[Work item]:
Write out the data below exactly, beginning with the first line and ending once the line that has "step (sampled c) s = sample c s" is written.

Dataset entries:

<<<<

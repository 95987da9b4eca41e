-- ===== src/Sampler/Latest.antt =====
-- What a reader gets after any sequence of samples and stops.
use edge_scpoe.Base.{◌≡◌, refl, ◌∙◌, false, List, [], ◌∷◌, null, arith}
use edge_scpoe.Sampler.{
  Collected, collected, failed, Sampler, initial, sample, stop, snapshot, get_latest,
}

-- One step of the sampling thread, or of the destructor.
pub data Step {ℓ} (A : Type ℓ) : Type ℓ where
  sampled : Collected A → Step A
  stopped : Step A

module _ {ℓ} {A : Type ℓ} where
  unfoldable pub step : Step A → Sampler A → Sampler A
  unfolding sample stop
  step (sampled c) s = sample c s
  step stopped s = stop s

  -- The constructor takes a sample; then the steps follow, the first of the list first.
  unfoldable pub run : Sampler A → List (Step A) → Sampler A
  unfolding step
  run s [] = s
  run s (x ∷ xs) = run (step x s) xs

  -- The last sample of a run.
  abbrev pub last_sample : Collected A → List (Step A) → Collected A
  last_sample c [] = c
  last_sample c (sampled d ∷ xs) = last_sample d xs
  last_sample c (stopped ∷ xs) = last_sample c xs

  -- A failure has a text.
  abbrev pub HasText : Collected A → Type 0
  HasText (collected metrics) = Unit
  HasText (failed error) = null error ≡ false

  abbrev pub HaveTexts : List (Step A) → Type 0
  HaveTexts [] = Unit
  HaveTexts (sampled c ∷ xs) = HasText c × HaveTexts xs
  HaveTexts (stopped ∷ xs) = HaveTexts xs

  snapshot-sample :
      (c : Collected A) (s : Sampler A) → HasText c → (snapshot (sample c s)).result ≡ c
  unfolding snapshot sample
  snapshot-sample (collected metrics) s h = refl
  snapshot-sample (failed error) s h = ground arith

  stop-snapshot : (s : Sampler A) → (snapshot (stop s)).result ≡ (snapshot s).result
  unfolding snapshot stop
  stop-snapshot s = ground arith

  snapshot-run :
      (s : Sampler A) (c : Collected A) (xs : List (Step A))
      → (snapshot s).result ≡ c
      → HaveTexts xs
      → (snapshot (run s xs)).result ≡ last_sample c xs
  unfolding run
  snapshot-run s c [] shows texts = shows
  snapshot-run s c (sampled d ∷ xs) shows texts =
      snapshot-run (sample d s) d xs (snapshot-sample d s texts.0) texts.1
  snapshot-run s c (stopped ∷ xs) shows texts =
      snapshot-run (stop s) c xs (stop-snapshot s ∙ shows) texts

  -- After any run of samples and stops, `GetLatest` gives the outcome of the last sample: its
  -- metrics, or its error text, if failing samples have texts. It never gives older metrics for a
  -- sample that failed.
  pub get_latest-run :
      (zeros : A) (first : Collected A) (xs : List (Step A))
      → HasText first
      → HaveTexts xs
      → (get_latest (run (sample first (initial zeros)) xs)).result ≡ last_sample first xs
  unfolding get_latest
  get_latest-run zeros first xs text texts =
      snapshot-run (sample first (initial zeros)) first xs
        (snapshot-sample first (initial zeros) text) texts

>>>>

[Problem solution]:
repository 95987da9b4eca41e
-- ===== src/Sampler/Latest.antt =====
-- What a reader gets after any sequence of samples and stops.
use edge_scpoe.Base.{◌≡◌, refl, ◌∙◌, false, List, [], ◌∷◌, null, arith}
use edge_scpoe.Sampler.{
  Collected, collected, failed, Sampler, initial, sample, stop, snapshot, get_latest,
}

-- One step of the sampling thread, or of the destructor.
pub data Step {ℓ} (A : Type ℓ) : Type ℓ where
  sampled : Collected A → Step A
  stopped : Step A

module _ {ℓ} {A : Type ℓ} where
  unfoldable pub step : Step A → Sampler A → Sampler A
  unfolding sample stop
  step (sampled c) s = sample c s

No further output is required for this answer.